The orbital evolution of particles was followed by numerically integrating their equations of motion with a Bulirsch–Stoer routine with an adaptive stepsize control and an accuracy parameter of 10⁻¹¹ (Press et al. 1992). We took into account perturbations from Neptune, Uranus, Saturn, and Jupiter (the planets did not interact mutually), the Poynting–Robertson (PR) force, as well as the stellar wind drag which was assumed to have the strength of 33% of the PR effect (Gustafson 1994). The integration was stopped when the particle was ejected from the system (r > 300 AU) or impacted onto a planet or the sun. The position (x, y, z), velocity (v_x, v_y, v_z), and time t since release of the dust grains were recorded once every orbit of Neptune, as was also done in the previous studies (Liou & Zook 1999; Moro-Martín & Malhotra 2003; Kuchner & Stark 2010). Since the dust production and loss rates are assumed to be constant, the system is ergodic. Therefore, different records of the same simulated particle can be interpreted as the same-time records of different physical grains launched at different time instants in the past. This effectively increases the number of records of our simulations to ≈2 × 10⁹ for all three parent populations and nine sizes.

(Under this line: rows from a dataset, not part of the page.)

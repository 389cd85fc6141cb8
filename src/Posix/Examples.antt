-- ===== src/Posix/Examples.antt =====
-- The theorems on descriptors at a program with the descriptors 0 and 2, which opens a third.
use openblt.Prelude.{ℕ, ℤ, pos, ◌≡◌, ◌==◌, ◌||◌, refl, none, some, if◌then◌else◌, suc}
use openblt.Posix.{FdlType, Filedesc, Program, fdl_alloc_descriptor, close}
use openblt.Posix.Descriptors.{close-fdl_alloc_descriptor}

-- Closing counts, and returns the cookie.
abbrev counted : ℕ → ℕ → ℤ × ℕ
counted cookie n = (pos cookie, suc n)

abbrev console : FdlType ℕ
console = record { read = none; write = none; ioctl = none; close = some counted }

abbrev opened : Filedesc ℕ
opened = record { imp = console; cookie = 7 }

abbrev running : Program ℕ
running = record {
  fd_table = λ i. if (i == 0) || (i == 2) then some opened else none;
  errno = 0;
  world = 5;
}

close-fdl_alloc_descriptor_example :
    (p' : Program ℕ) × (close 1 (fdl_alloc_descriptor console 9 running).1 ≡ some (pos 9, p'))
    × ((j : ℕ) → p'.fd_table j ≡ running.fd_table j)
unfolding fdl_alloc_descriptor
close-fdl_alloc_descriptor_example =
    close-fdl_alloc_descriptor console 9 running 1 counted refl refl
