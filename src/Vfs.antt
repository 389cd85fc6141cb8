-- ===== src/Vfs.antt =====
-- srv/vfs: the file system server.
--
-- A string is the list of its characters before the NUL. The memory of the objects is not modelled: a vnode and an
-- open file are values, a superblock and an inode are known by their address and their number.
pub mod Path
pub mod Vnode
pub mod Rootfs
pub mod Bootfs
pub mod Shm
pub mod Server
pub mod Drivers
pub mod Main
mod Examples
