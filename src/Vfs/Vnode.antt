-- ===== src/Vfs/Vnode.antt =====
-- srv/vfs/vfs-int.h and vnode.c: the objects that the server and its file systems share.
use openblt.Prelude.{ℕ, ◌==◌, ◌&&◌, Bool, true, false, Option, none, some, List, [], ◌∷◌, take, ℤ}

pub record Vnode : Type 0 where
  pub v_vnid : ℕ
  pub v_refcount : ℕ
  pub v_sb : ℕ
  -- The number of the inode that it points to.
  pub v_data : Option ℕ

pub record Dirent : Type 0 where
  pub d_fileno : ℕ
  pub d_reclen : ℕ
  pub d_name : List ℕ

-- An open directory, its entries and those that were not read yet; or an open file, its first byte and its position.
pub data Cookie : Type 0 where
  directory : List Dirent → List Dirent → Cookie
  file : ℕ → ℕ → Cookie

-- What the file system leaves in the vnode.
abbrev pub vget : (Vnode → Vnode) → ℕ → ℕ → Vnode
vget read_vnode super vnid =
    read_vnode (record { v_vnid = vnid; v_refcount = 1; v_sb = super; v_data = none })

-- !strcmp (s, t)
abbrev pub same_text : List ℕ → List ℕ → Bool
same_text [] [] = true
same_text [] (y ∷ ys) = false
same_text (x ∷ xs) [] = false
same_text (x ∷ xs) (y ∷ ys) = (x == y) && same_text xs ys

-- !strncmp (s, t, strlen (s))
abbrev pub begins : List ℕ → List ℕ → Bool
begins [] t = true
begins (x ∷ xs) [] = false
begins (x ∷ xs) (y ∷ ys) = (x == y) && begins xs ys

abbrev pub sizeof_dirent : ℕ
sizeof_dirent = 40

-- dirent->d_name of an entry that is made for an inode of that name.
abbrev pub dirent_for : ℕ → List ℕ → Dirent
dirent_for ino name = record { d_fileno = ino; d_reclen = sizeof_dirent; d_name = take 33 name }

-- rc->u_dir.current = rc->u_dir.head
abbrev pub rewind : Cookie → Option Cookie
rewind (directory head current) = some (directory head head)
rewind (file begin pos) = none

-- The result, the entry and the cookie of a readdir.
pub record Entry : Type 0 where
  pub result : ℕ
  pub dirent : Option Dirent
  pub cookie : Cookie

abbrev pub read_entry : Cookie → Option Entry
read_entry (directory head []) =
    some (record { result = 1; dirent = none; cookie = directory head [] })
read_entry (directory head (d ∷ ds)) = some (record {
  result = 0;
  dirent = some (record d { d_name = take 32 d.d_name });
  cookie = directory head ds;
})
read_entry (file begin pos) = none

-- struct stat, the fields that are set.
pub record Stat : Type 0 where
  pub st_ino : ℕ
  pub st_nlink : ℕ
  pub st_uid : ℕ
  pub st_gid : ℕ
  pub st_blksize : ℕ
  pub st_size : ℕ
  pub st_blocks : ℕ

-- The calls of a file system that the server makes, on the state `W` of the file systems; `none` in place of a call is
-- NULL, and `none` for a result says that the call reads a pointer that was not set.
pub record VnodeOps (W : Type 0) : Type 0 where
  pub walk : Vnode → List ℕ → W → Option (Option Vnode)
  pub mount : ℕ → W → ℤ × Vnode × W
  pub mkdir : Option (Vnode → List ℕ → W → Option (ℤ × W))
  pub opendir : Option (Vnode → W → ℕ × Option Cookie)
  pub closedir : Option (Vnode → W → W)
  pub free_dircookie : Option (Cookie → W → W)
  pub rewinddir : Cookie → Option Cookie
  pub readdir : Cookie → Option Entry
  pub open_file : Option (Vnode → W → Option (ℕ × Cookie))
  pub close : Option (Vnode → W → ℕ × W)
  pub free_cookie : Option (W → W)
  pub read : Option (Vnode → ℕ → ℕ → W → Option (ℕ × List ℕ))
  pub rstat : Option (Vnode → W → Option (ℕ × Stat))

pub record Superblock (W : Type 0) : Type 0 where
  pub sb_dir : List ℕ
  pub sb_root : Vnode
  pub sb_vops : VnodeOps W

pub record FsType (W : Type 0) : Type 0 where
  pub name : List ℕ
  pub t_vops : VnodeOps W
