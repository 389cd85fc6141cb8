-- ===== src/Vfs/Bootfs.antt =====
-- srv/vfs/bootfs.c: the files that were loaded at boot, in one area of memory behind their directory.
--
-- The address of the area is what area_clone gave, and the entries are those of the boot directory there.
pub mod Reading
use mathlib.Core.Option
use openblt.Prelude.{
  ℕ, ◌+◌, ◌-◌, ◌*◌, ◌/◌, ◌%◌, ◌==◌, ◌||◌, ltb, leb, Bool, true, false, Option, none, some, List, [],
  ◌∷◌, ◌++◌, if◌then◌else◌, update, zero, suc, take,
}
use openblt.Vfs.Vnode.{
  Vnode, Dirent, Cookie, directory, file, vget, same_text, dirent_for, rewind, Entry, read_entry,
  Stat,
}

-- boot_entry
pub record BootEntry : Type 0 where
  pub be_name : List ℕ
  pub be_offset : ℕ
  pub be_type : ℕ
  pub be_vsize : ℕ

pub record BootfsInode : Type 0 where
  pub i_ino : ℕ
  pub i_offset : ℕ
  pub i_size : ℕ
  pub i_name : List ℕ

pub record BootfsData : Type 0 where
  pub d_bootdir : ℕ
  pub inode_list : List BootfsInode

-- inode_max, and sb_data by the address of the superblock.
pub record Bootfs : Type 0 where
  pub inode_max : ℕ
  pub sb_data : ℕ → BootfsData

-- The name is cut to 31 characters.
abbrev pub bootfs_inew : List ℕ → ℕ → ℕ → ℕ → BootfsInode
bootfs_inew name offset size inode_max = record {
  i_ino = inode_max;
  i_offset = offset;
  i_size = size;
  i_name = take 31 name;
}

-- BE_TYPE_NONE or BOOTDIR_DIRECTORY, which is SBBB/Directory.
abbrev pub is_skipped : BootEntry → Bool
is_skipped be =
    (be.be_type == 0)
    || same_text be.be_name (
        b'S' ∷ b'B' ∷ b'B' ∷ b'B' ∷ b'/' ∷ b'D' ∷ b'i' ∷ b'r' ∷ b'e' ∷ b'c' ∷ b't' ∷ b'o' ∷ b'r'
        ∷ b'y' ∷ [])

-- The loop of bootfs_mount: the inodes and the next number.
pub boot_inodes : List BootEntry → List BootfsInode → ℕ → List BootfsInode × ℕ
boot_inodes [] is n = (is, n)
boot_inodes (be ∷ bes) is n =
    let skipped = boot_inodes bes is n in
    let made = boot_inodes bes (bootfs_inew be.be_name be.be_offset be.be_vsize n ∷ is) (n + 1) in
    if is_skipped be then skipped else made

abbrev pub find_inode : ℕ → List BootfsInode → Option BootfsInode
find_inode ino [] = none
find_inode ino (i ∷ is) = if i.i_ino == ino then some i else find_inode ino is

-- Where there is no such inode, v_data is left as it was, and the result is 0 all the same.
abbrev pub set_data : Vnode → Option BootfsInode → Vnode
set_data vnode none = vnode
set_data vnode (some i) = record vnode { v_data = some i.i_ino }

pub bootfs_read_vnode : Bootfs → Vnode → Vnode
bootfs_read_vnode b vnode =
    set_data vnode (find_inode vnode.v_vnid (b.sb_data vnode.v_sb).inode_list)

-- sb_root and the file system after the call, which returns 0.
pub bootfs_mount : ℕ → ℕ → List BootEntry → Bootfs → Vnode × Bootfs
unfolding boot_inodes bootfs_read_vnode
bootfs_mount super bootdir entries b =
    let dots =
      bootfs_inew (b'.' ∷ []) 0 0 b.inode_max
      ∷ bootfs_inew (b'.' ∷ b'.' ∷ []) 0 0 (b.inode_max + 1)
      ∷ [] in
    let made = boot_inodes entries dots (b.inode_max + 2) in
    let b' : Bootfs = record {
      inode_max = made.1;
      sb_data = update b.sb_data super (record { d_bootdir = bootdir; inode_list = made.0 });
    } in
    (vget (bootfs_read_vnode b') super 0, b')

abbrev pub find_file : List ℕ → List BootfsInode → Option ℕ
find_file path [] = none
find_file path (i ∷ is) = if same_text i.i_name path then some i.i_ino else find_file path is

pub bootfs_walk : Vnode → List ℕ → Bootfs → Option Vnode
unfolding bootfs_read_vnode
bootfs_walk parent path b =
    if parent.v_vnid == 0
    then Option.map (vget (bootfs_read_vnode b) parent.v_sb)
        (find_file path (b.sb_data parent.v_sb).inode_list)
    else none

-- The entries in `ds` come behind those of the inodes, the last inode first.
pub list_files : List BootfsInode → List Dirent → List Dirent
list_files [] ds = ds
list_files (i ∷ is) ds = list_files is (dirent_for i.i_ino i.i_name ∷ ds)

-- The error, ENOTDIR, and the cookie where there is none.
pub bootfs_opendir : Vnode → Bootfs → ℕ × Option Cookie
unfolding list_files
bootfs_opendir dir b =
    let head = list_files (b.sb_data dir.v_sb).inode_list [] in
    if dir.v_vnid == 0 then (0, some (directory head head)) else (20, none)

pub bootfs_rewinddir : Cookie → Option Cookie
bootfs_rewinddir c = rewind c

pub bootfs_readdir : Cookie → Option Entry
bootfs_readdir c = read_entry c

-- vnode->v_data
abbrev pub data_inode : Vnode → Bootfs → Option BootfsInode
data_inode vnode b =
    Option.bind vnode.v_data (λ (ino : ℕ). find_inode ino (b.sb_data vnode.v_sb).inode_list)

pub bootfs_open : Vnode → Bootfs → Option Cookie
unfolding Option.bind
bootfs_open vnode b =
    Option.map (λ (i : BootfsInode). file ((b.sb_data vnode.v_sb).d_bootdir + i.i_offset * 4096) 0)
      (data_inode vnode b)

-- The bytes from an address on.
unfoldable pub bytes_at : (ℕ → ℕ) → ℕ → ℕ → List ℕ
bytes_at mem a zero = []
bytes_at mem a (suc n) = mem a ∷ bytes_at mem (a + 1) n

-- The bytes that are copied to the buffer; their number is numread.
unfoldable pub read_inode : (ℕ → ℕ) → ℕ → BootfsInode → ℕ → ℕ → List ℕ
unfolding bytes_at
read_inode mem bootdir i count offset =
    if leb i.i_size offset
    then []
    else bytes_at mem (bootdir + i.i_offset * 4096 + offset)
        (if leb count (i.i_size - offset) then count else i.i_size - offset)

unfoldable pub bootfs_read : (ℕ → ℕ) → Vnode → ℕ → ℕ → Bootfs → Option (List ℕ)
unfolding read_inode Option.bind
bootfs_read mem vnode count offset b =
    Option.map (λ (i : BootfsInode). read_inode mem (b.sb_data vnode.v_sb).d_bootdir i count offset)
      (data_inode vnode b)

abbrev pub stat_of : BootfsInode → Stat
stat_of i = record {
  st_ino = i.i_ino;
  st_nlink = 0;
  st_uid = 0;
  st_gid = 0;
  st_blksize = 512;
  st_size = i.i_size;
  st_blocks = if i.i_size % 4096 == 0 then i.i_size / 4096 else i.i_size / 4096 + 1;
}

pub bootfs_rstat : Vnode → Bootfs → Option Stat
unfolding Option.bind
bootfs_rstat vnode b = Option.map stat_of (data_inode vnode b)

To set the sizes of the particles for simulations, we made use of the ratio of direct radiation pressure and gravity, β (Burns et al. 1979). The radiation pressure efficiency for the grains was calculated using the Bruggeman mixing rule and standard Mie theory (Bohren & Huffman 1983), assuming three different mixtures of astrosilicate (Laor & Draine 1993) and water ice (Warren 1984). These were a 50%–50% astrosilicate–ice mixture with a bulk density of ρ = 2.35 g cm⁻³, a 10%–90% astrosilicate–ice mixture (ρ = 1.43 g cm⁻³), and pure ice (ρ = 1.00 g cm⁻³). We then selected nine equally spaced logarithmic size (or mass) bins covering the mass range which can be detected by the dust counter on board the New Horizons spacecraft (10⁻¹² g < m < 10⁻⁹ g, Horányi et al. 2008). The list of β values and corresponding grain sizes and masses for the three mixtures is given in Table 2.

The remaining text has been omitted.